CPA on theoretical OTP with CBC mode

Question

Body of question

Note: this is THEORETICAL exercise. I understand OTP and CBC does not get along.

I have to find a CPA on CBC enc-mode using OTP as the encryption algorithm, s.t a new key is generated only for every new message, but not for every block.

Second question is whether this method is not safe at all, or, it could be safe for odd block number, or perhaps for even block number?

What I've tried myself

I can see myself that in even block number case, the key is cancelled out at last (thanks to CBC), so what I get is $IV \oplus P_1 \oplus...\oplus P_n$, but can't think of a way to distinguish two messages with the IND-test for CPA.

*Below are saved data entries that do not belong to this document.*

-- ===== src/Template/Items/Laws.antt =====
-- What an accepted mount, PATH addition or port satisfies (src/container-template.ts).
use dsh_podman.Prelude.{
  ℕ, ◌≤◌, ◌≡◌, sym, ap, inl, inr, true, false, Option, none, some, arith, List, Bool-cases, ok,
  subst, >>=-eq-ok, throw_if-eq-ok, throw_if, ok-injective, not, ◌||◌,
}
use dsh_podman.Text.{Text, text, ◌===◌, has_unit}
use dsh_podman.Text.Laws.{Without, has_unit-Without}
use dsh_podman.Value.{Value, undef, num, str, obj, Fields, get, own_entries}
use dsh_podman.Template.{
  Checked, TemplateError, TemplateMount, project, volume, secret, tmpfs, TemplatePort,
}
use dsh_podman.Template.Names.{matches_secret}
use dsh_podman.Template.Paths.{clean_absolute_path, normalize_project_path, has_control}
use dsh_podman.Template.Paths.Laws.{IsClean, IsProject, clean_absolute_text_iff}
use dsh_podman.Template.Paths.Projects.{normalize_project_text-IsProject}
use dsh_podman.Template.Fields.{reject_unknown, string_value, non_empty_string, secret_name}
use dsh_podman.Template.Fields.Laws.{secret_name-matches, not-false}
use dsh_podman.Template.Items.{
  MountKeys, keys, inherited, absent, mount_keys, forbidden_keys, reject_forbidden, by_kind,
  parse_mount_mode, require, destination_of, project_of, tmpfs_of, secret_of, volume_of, mount_of,
  reject_entries_of, mount_with, mount_allowed, parse_mount, port_in, check_protocol, host_of,
  parse_port, parse_path,
}

-- A mount that a template may have.
abbrev pub MountIsValid : TemplateMount → Type 0
MountIsValid (project path mode) = IsProject path
MountIsValid (volume name destination mode) = (matches_secret name ≡ true) × IsClean destination
MountIsValid (secret name destination) = (matches_secret name ≡ true) × IsClean destination
MountIsValid (tmpfs destination) = IsClean destination

abbrev pub HostIsValid : Option ℕ → Type 0
HostIsValid none = Unit
HostIsValid (some port) = (1024 ≤ port) × (port ≤ 65535)

abbrev pub PortIsValid : TemplatePort → Type 0
PortIsValid port = (1 ≤ port.container) × (port.container ≤ 65535) × HostIsValid port.host

abbrev pub PathIsValid : Text → Type 0
PathIsValid path = Without b':' path × IsClean path

pub require-eq-ok :
    {A : Type 0} (o : Option A) (e : TemplateError) {a : A} → require o e ≡ ok a → o ≡ some a
require-eq-ok none e h = cc
require-eq-ok (some x) e h = ap some (ok-injective h)

clean_absolute_path-IsClean :
    (value : Value) {out : Text} → clean_absolute_path value ≡ some out → IsClean out
unfolding clean_absolute_path
clean_absolute_path-IsClean (str s) {out} e =
    let (clean, same) = (clean_absolute_text_iff s out).0 e in subst IsClean (sym same) clean
clean_absolute_path-IsClean v e = cc

normalize_project_path-IsProject :
    (value : Value) {out : Text} → normalize_project_path value ≡ some out → IsProject out
unfolding normalize_project_path
normalize_project_path-IsProject (str s) e = normalize_project_text-IsProject s e
normalize_project_path-IsProject v e = cc

destination_of-IsClean :
    (value : Fields) (path : Text) {d : Text} → destination_of value path ≡ ok d → IsClean d
unfolding destination_of
destination_of-IsClean value path e =
    clean_absolute_path-IsClean (get (text "destination") value) (require-eq-ok _ _ e)

project_of-MountIsValid :
    (value : Fields) (path : Text) {m : TemplateMount}
    → project_of value path ≡ ok m
    → MountIsValid m
unfolding project_of
project_of-MountIsValid value path e =
    let (found, a, e₁) =
      >>=-eq-ok (require (normalize_project_path (get (text "project") value)) _) _ e in
    let (mode, b, e₂) = >>=-eq-ok (parse_mount_mode _ _ _) _ e₁ in
    subst MountIsValid (ok-injective e₂)
      (normalize_project_path-IsProject (get (text "project") value) (require-eq-ok _ _ a))

tmpfs_of-MountIsValid :
    (value : Fields) (path : Text) {m : TemplateMount} → tmpfs_of value path ≡ ok m → MountIsValid m
unfolding tmpfs_of
tmpfs_of-MountIsValid value path e =
    let (d, a, e₁) = >>=-eq-ok (destination_of value path) _ e in
    subst MountIsValid (ok-injective e₁) (destination_of-IsClean value path a)

secret_of-MountIsValid :
    (value : Fields) (path : Text) {m : TemplateMount}
    → secret_of value path ≡ ok m
    → MountIsValid m
unfolding secret_of
secret_of-MountIsValid value path e =
    let (d, a, e₁) = >>=-eq-ok (destination_of value path) _ e in
    let (name, b, e₂) = >>=-eq-ok (secret_name _ _) _ e₁ in
    subst MountIsValid (ok-injective e₂)
      (secret_name-matches _ _ b, destination_of-IsClean value path a)

volume_of-MountIsValid :
    (value : Fields) (path : Text) {m : TemplateMount}
    → volume_of value path ≡ ok m
    → MountIsValid m
unfolding volume_of
volume_of-MountIsValid value path e =
    let (d, a, e₁) = >>=-eq-ok (destination_of value path) _ e in
    let (name, b, e₂) = >>=-eq-ok (non_empty_string _ _) _ e₁ in
    let (u, c, e₃) = >>=-eq-ok (throw_if (not (matches_secret name)) _) _ e₂ in
    let (mode, f, e₄) = >>=-eq-ok (parse_mount_mode _ _ _) _ e₃ in
    subst MountIsValid (ok-injective e₄)
      (not-false _ (throw_if-eq-ok _ _ c), destination_of-IsClean value path a)

by_kind-All :
    {A : Type 0} (P : A → Type 0) (kind : Text) (p t s v : A)
    → P p
    → P t
    → P s
    → P v
    → P (by_kind kind p t s v)
unfolding by_kind
by_kind-All P kind p t s v hp ht hs hv = elim (Bool-cases (kind === text "project")) [
  | inl e ↦ rw e hp
  | inr e ↦ rw e (elim (Bool-cases (kind === text "tmpfs")) [
    | inl f ↦ rw f ht
    | inr f ↦
        rw f (elim (Bool-cases (kind === text "secret")) [ inl g ↦ rw g hs | inr g ↦ rw g hv ])
  ])
]

mount_of-MountIsValid :
    (kind : Text) (value : Fields) (path : Text) (m : TemplateMount)
    → mount_of kind value path ≡ ok m
    → MountIsValid m
unfolding mount_of
mount_of-MountIsValid kind value path m =
    by_kind-All (λ r. r ≡ ok m → MountIsValid m) kind (project_of value path) (tmpfs_of value path)
      (secret_of value path) (volume_of value path) (project_of-MountIsValid value path)
      (tmpfs_of-MountIsValid value path) (secret_of-MountIsValid value path)
      (volume_of-MountIsValid value path)

mount_with-MountIsValid :
    (allowed : Option (List Text)) (kind : Text) (value : Fields) (path : Text) (m : TemplateMount)
    → mount_with allowed kind value path ≡ ok m
    → MountIsValid m
unfolding mount_with
mount_with-MountIsValid allowed kind value path m e =
    let (u, a, e₁) = >>=-eq-ok (reject_forbidden kind (forbidden_keys kind) value path) _ e in
    let (v, b, e₂) = >>=-eq-ok (reject_entries_of allowed value (own_entries value) path) _ e₁ in
    mount_of-MountIsValid kind value path m e₂

mount_allowed-MountIsValid :
    (allowed : MountKeys) (kind : Text) (value : Fields) (path : Text) (m : TemplateMount)
    → mount_allowed allowed kind value path ≡ ok m
    → MountIsValid m
unfolding mount_allowed
mount_allowed-MountIsValid absent kind value path m e = cc
mount_allowed-MountIsValid inherited kind value path m e =
    mount_with-MountIsValid none kind value path m e
mount_allowed-MountIsValid (keys ks) kind value path m e =
    mount_with-MountIsValid (some ks) kind value path m e

pub parse_mount-MountIsValid :
    (value : Value) (path : Text) (m : TemplateMount)
    → parse_mount value path ≡ ok m
    → MountIsValid m
unfolding parse_mount
parse_mount-MountIsValid (obj value) path m e =
    let (kind, a, e₁) = >>=-eq-ok (non_empty_string _ _) _ e in
    mount_allowed-MountIsValid (mount_keys kind) kind value path m e₁
parse_mount-MountIsValid v path m e = cc

pub parse_path-PathIsValid :
    (value : Value) (path : Text) (s : Text) → parse_path value path ≡ ok s → PathIsValid s
unfolding parse_path
parse_path-PathIsValid value path s e =
    let (t, a, e₁) = >>=-eq-ok (string_value value path) _ e in
    let (u, b, e₂) = >>=-eq-ok (throw_if (has_unit b':' t || has_control t) _) _ e₁ in
    let units : (has_unit b':' t || has_control t) ≡ false = throw_if-eq-ok _ _ b in
    let (clean, same) = (clean_absolute_text_iff t s).0 (require-eq-ok _ _ e₂) in
    subst PathIsValid (sym same) (has_unit-Without b':' t (ground arith), clean)

port_in-bounds :
    (least : ℕ) (value : Value) {n : ℕ} → port_in least value ≡ some n → (least ≤ n) × (n ≤ 65535)
port_in-bounds least (num n) e = ground arith
port_in-bounds least v e = cc

host_of-HostIsValid :
    (value : Value) (path : Text) {h : Option ℕ} → host_of value path ≡ ok h → HostIsValid h
unfolding host_of
host_of-HostIsValid undef path e = subst HostIsValid (ok-injective e) tt
host_of-HostIsValid (num n) path {h} e =
    let (port, a, e₁) = >>=-eq-ok (require (port_in 1024 (num n)) _) some_port e in
    subst HostIsValid (ok-injective e₁) (port_in-bounds 1024 (num n) (require-eq-ok _ _ a))
  where
    some_port : ℕ → Checked (Option ℕ)
    some_port p = ok (some p)
host_of-HostIsValid v path e = cc

pub parse_port-PortIsValid :
    (value : Value) (path : Text) (p : TemplatePort) → parse_port value path ≡ ok p → PortIsValid p
unfolding parse_port
parse_port-PortIsValid (obj value) path p e =
    let (u, a, e₁) = >>=-eq-ok (reject_unknown value _ path) _ e in
    let (container, b, e₂) =
      >>=-eq-ok (require (port_in 1 (get (text "container") value)) _) _ e₁ in
    let (v, c, e₃) = >>=-eq-ok (check_protocol _ path) _ e₂ in
    let (host, d, e₄) = >>=-eq-ok (host_of (get (text "host") value) path) _ e₃ in
    let (low, high) = port_in-bounds 1 (get (text "container") value) (require-eq-ok _ _ b) in
    subst PortIsValid (ok-injective e₄)
      (low, high, host_of-HostIsValid (get (text "host") value) path d)
parse_port-PortIsValid v path p e = cc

Basically I can calculate the blocks of each $m_1,m_2$ that I use for the test, but the randomized IV will prevent me from knowing what message is the ciphered text retrieved from the test...

And what about the odd case?

Any ideas?

Answer 1

Scheme is not IND-CPA for any message longer than one block. I'll include a image of CBC mode below for reference (Source: Wikipedia).

Suppose instead of block cipher encryption we have plaintext xor-ed with the key as you propose. You'll note that for message block 1, $M_1$, the ciphertext block $C_1 = M_1 \oplus IV \oplus Key$. Similarly $C_2 = M_2 \oplus C_1 \oplus Key$ Substituting for $C_1$ we get $C_2 = M_2 \oplus M_1 \oplus IV \oplus Key \oplus Key$ which reduces to $C_2 = M_1 \oplus M_2 \oplus IV$. Knowing this we can build a distinguisher $D$.

Suppose we send two messages $M0$ and $M1$ to the encryption oracle and get back $C$. $D$ will take $C$ and check if either $C_2 = M0_1 \oplus M0_2 \oplus IV$ or $C_2 = M1_1 \oplus M1_2 \oplus IV$ (note that the $IV$ is not secret), returning whichever plaintext corresponds to $C$. Clearly this distinguisher has non-negligible advantage, and thus the scheme is not IND-CPA for messages longer than one block.